Scraping Wikipedia for coordinate information generates a rich, out-of-the-box data set that would otherwise take years to produce.
At Placemarkt, I’m working to make it easier to organize and discover places in your community. We’re sort of a paired-down throwback to Gowalla (if you’ve got a good memory) or Foursquare where focus is on creating and organizing locations, as well as routes, in a way that protects your personal information. Your data isn’t sold or used for anything at all. Instead, you pay an annual fee.
As the site has grown, I’ve been looking at way to provide users more information about their communities. We use OpenCage for forward and reverse geocoding and Thunderforest for our map tiles. As both are powered by OpenStreetMap data, we figured the open source world would be a great place to look in our search to build a richer, more textured map. Enter Wikipedia.
When the subject of a Wikipedia article pertains to a geographic location that can be represented by the coordinate system, that article will often display a map, or at the very least, lat/lng coordinates. The Wikipedia template language represents these coordinates as follows:
Given Wikipedia’s 6 million plus articles, this represents a treasure trove of interesting information and, luckily, Wikipedia’s commitment to the open source community means that they make all of their data available for download.

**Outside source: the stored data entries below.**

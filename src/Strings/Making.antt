-- ===== src/Strings/Making.antt =====
-- The ways through `eel_ps_nnew`, and what they do to looking a string up.
use eel.Prelude.{
  ℕ, ◌+◌, ◌-◌, ◌≡◌, refl, sym, ap, ◌∙◌, inl, inr, Bool, true, false, Option, none, some, List, [],
  ◌∷◌, ◌==◌, length, arith, Bool-cases, Option-cases,
}
use mathlib.Core.Path.{subst}
use eel.Strings.{
  Pstring, Pool, hashmem, bucket_of, strncmp_eq, scan, ps_find, ps_push, set_refcount, count_refs,
  ps_resurrect, Made, made, damaged, nnew, ps_open, unlink_cached,
}
use eel.Strings.Find.{strncmp_eq_refl, NoNul, scan-none}
use eel.Strings.Valid.{IsValid}

-- The entry that `nnew` makes.
abbrev pub entry : ℕ → List ℕ → Pstring
entry o s = record { object = o; refcount = 1; buffer = s; hash = hashmem s }

pub ps_push-IsValid :
    (pool : Pool) (s : List ℕ) (o : ℕ)
    → NoNul s
    → IsValid pool
    → ps_find pool s ≡ none
    → IsValid (ps_push pool (entry o s))
unfolding ps_push ps_find
ps_push-IsValid pool s o nn h e b = elim (Bool-cases (b == bucket_of (hashmem s))) [
  | inl here ↦
      let same : bucket_of (hashmem s) ≡ b = ground arith in
      let fresh =
        scan-none b (pool.strings b) s (h b)
          (subst (λ x. scan (hashmem s) s (pool.strings x) ≡ none) same e) in
      rw here (refl, same, nn, fresh, h b)
  | inr away ↦ rw away (h b)
]

-- The object that an entry is for.
abbrev pub object_of : Option Pstring → Option ℕ
object_of none = none
object_of (some ps) = some ps.object

scan-set_refcount :
    (o n hash : ℕ) (s : List ℕ) (l : List Pstring)
    → object_of (scan hash s (set_refcount o n l)) ≡ object_of (scan hash s l)
unfolding scan
scan-set_refcount o n hash s [] = refl
scan-set_refcount o n hash s (ps ∷ rest) =
    let rec = scan-set_refcount o n hash s rest in
    elim (Bool-cases (ps.object == o)) [
      | inl e ↦ simp e (ground (arith, rec))
      | inr e ↦ simp e (ground (arith, rec))
    ]

count_refs-ps_find :
    (pool : Pool) (o n : ℕ) (s : List ℕ)
    → object_of (ps_find (count_refs pool o n) s) ≡ object_of (ps_find pool s)
unfolding count_refs ps_find
count_refs-ps_find pool o n s =
    scan-set_refcount o n (hashmem s) s (pool.strings (bucket_of (hashmem s)))

pub ps_resurrect-ps_find :
    (pool : Pool) (ps : Pstring) (s : List ℕ)
    → object_of (ps_find (ps_resurrect pool ps) s) ≡ object_of (ps_find pool s)
unfolding ps_resurrect ps_find
ps_resurrect-ps_find pool ps s = elim (Bool-cases (ps.refcount == 0)) [
  | inl e ↦
      simp (ps_resurrect, e)
        (count_refs-ps_find
          (record pool {
            scache = unlink_cached ps.object pool.scache;
            scache_size = pool.scache_size - 1;
          })
          ps.object (ps.refcount + 1) s)
  | inr e ↦ simp (ps_resurrect, e) (count_refs-ps_find pool ps.object (ps.refcount + 1) s)
]

-- What is at the head of the bucket is found by any text that the tests take for it.
pub ps_push-confuses :
    (pool : Pool) (o : ℕ) (s t : List ℕ)
    → hashmem s ≡ hashmem t
    → length s ≡ length t
    → strncmp_eq s t (length t) ≡ true
    → ps_find (ps_push pool (entry o s)) t ≡ some (entry o s)
unfolding ps_push ps_find scan
ps_push-confuses pool o s t h l e =
    let here : (bucket_of (hashmem t) == bucket_of (hashmem s)) ≡ true = ground arith in
    let same : (hashmem s == hashmem t) ≡ true = ground arith in
    let long : (length s == length t) ≡ true = ground arith in rw (here, same, long, e) refl

pub ps_push-ps_find :
    (pool : Pool) (o : ℕ) (s : List ℕ) → ps_find (ps_push pool (entry o s)) s ≡ some (entry o s)
ps_push-ps_find pool o s = ps_push-confuses pool o s s refl refl (strncmp_eq_refl s (length s))

abbrev result_of : Made → Option ℕ
result_of (made r after) = r
result_of damaged = none

abbrev pool_of : Made → Pool
pool_of (made r after) = after
pool_of damaged = ps_open

-- The ways through `eel_ps_nnew` that keep the pool in order: the text is there, there is no memory
-- for an object, or the text is added.
pub data Ways (pool : Pool) (s : List ℕ) (r : Option ℕ) (after : Pool) : Type 0 where
  present :
      (p : Pstring)
      → ps_find pool s ≡ some p
      → some p.object ≡ r
      → ps_resurrect pool p ≡ after
      → Ways pool s r after
  no_object : none ≡ r → pool ≡ after → Ways pool s r after
  added :
      (o : ℕ)
      → ps_find pool s ≡ none
      → some o ≡ r
      → ps_push pool (entry o s) ≡ after
      → Ways pool s r after

module _ (pool : Pool) (s : List ℕ) where
  pub nnew_found :
      (alloc : Option ℕ) (malloc : Bool) (p : Pstring)
      → ps_find pool s ≡ some p
      → nnew pool s alloc malloc ≡ made (some p.object) (ps_resurrect pool p)
  unfolding nnew
  nnew_found alloc malloc p e = rw (nnew, e) refl

  nnew_no_object :
      (malloc : Bool) → ps_find pool s ≡ none → nnew pool s none malloc ≡ made none pool
  unfolding nnew
  nnew_no_object malloc e = rw (nnew, e) refl

  pub nnew_added :
      (o : ℕ)
      → ps_find pool s ≡ none
      → nnew pool s (some o) true ≡ made (some o) (ps_push pool (entry o s))
  unfolding nnew
  nnew_added o e = rw (nnew, e) refl

  -- Without memory for the buffer of a new text the pool is damaged.
  pub nnew_no_buffer : (o : ℕ) → ps_find pool s ≡ none → nnew pool s (some o) false ≡ damaged
  unfolding nnew
  nnew_no_buffer o e = rw (nnew, e) refl

  pub nnew_ways :
      (alloc : Option ℕ) (malloc : Bool) (r : Option ℕ) (after : Pool)
      → nnew pool s alloc malloc ≡ made r after
      → Ways pool s r after
  nnew_ways alloc malloc r after h = elim (Option-cases (ps_find pool s)) [
    | inr (p, e) ↦
        let run = sym (nnew_found alloc malloc p e) ∙ h in
        present p e (ap result_of run) (ap pool_of run)
    | inl e ↦ missing alloc malloc e h
  ]
    where
      missing :
          (alloc : Option ℕ) (malloc : Bool)
          → ps_find pool s ≡ none
          → nnew pool s alloc malloc ≡ made r after
          → Ways pool s r after
      missing none malloc e h =
          let run = sym (nnew_no_object malloc e) ∙ h in
          no_object (ap result_of run) (ap pool_of run)
      missing (some o) true e h =
          let run = sym (nnew_added o e) ∙ h in added o e (ap result_of run) (ap pool_of run)
      missing (some o) false e h = absurd (ground (arith, sym (nnew_no_buffer o e) ∙ h))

Of course it’s not quite as simple as just parsing a Wikipedia provided CSV file with article id, title, and coordinate. Because that doesn’t exist. Instead, we needed to parse the wiki dumps and generate such a file ourselves. To do so we did the following:
Grab the XML Wikipedia data dump and index files
The data dump file encompasses the entirety of English language Wikipedia. The index file contains the byte offset of each article in the data dump.
Use the index file to decompress portions of the xml file with dd
This allowed us to sequentially inspect the entirety of Wikipedia on a small server by using dd to cut the data dump file into smaller chunks that could be decompressed and processed one at a time.
Parse the output for coordinates using a combination of grep, xmlstarlet, and C
Grabbing each article id, we were able to then use a regex to pull out the coordinate template we then parsed with a small C program. Here’s the Github repo with the the bash script we used to do all of this. Contributions are always welcome!
In the end, we were able to grab over 400,000 coordinates from the data dump and produce a CSV file with article id, title, and coordinates that looks like this:
63205443|Swift Valley Nature Reserve|52.39405 -1.25831 63205477|Deskie Castle|57.35540 -3.33310 63207626|Llewellyn Glacier|59.08333 -134.08333 63207822|Baghdad (North Gate) War Cemetery|33.35510 44.38620 63207930|Hang Ten Icefield|58.87500 -133.71667 63209775|Vistula Spit canal|54.35556 19.31111 63211601|Fairview Cemetery, Niagara Falls|43.10800 -79.08900 63213750|Man Uk Pin|22.52638 114.18437 63213728|Higashi-Ikebukuro runaway car accident|35.72606 139.71889 63213956|Kinkelenburg Castle|51.88960 5.89617 63214322|Shenzhen Bogang F.C.|22.73208 113.81822 63214383|Scottsdale National Golf Club|33.74878 -111.81502 63214411|Kensington House (academy)|51.50209 -0.18652 63216802|Hercules Powder Plant Disaster|40.87200 -74.63700 63217229|Fiestas patronales de Ponce|18.00000 -66.61667 63218528|Heung Yuen Wai|22.52732 114.19866
Here is a CSV file you can download containing all of Wikipedia’s coordinate information should you not want to run the script I’ve provided. The file will be updated each month to keep up with new Wikipedia contributions.
So, what’s next? First, I’ll be working to turn these Wikipedia coordinates into interactive locations in the Placemarkt site. Next, I’ll be adding trail and hiking-related information. We’ve also been working on an iOS app that should be coming out soon.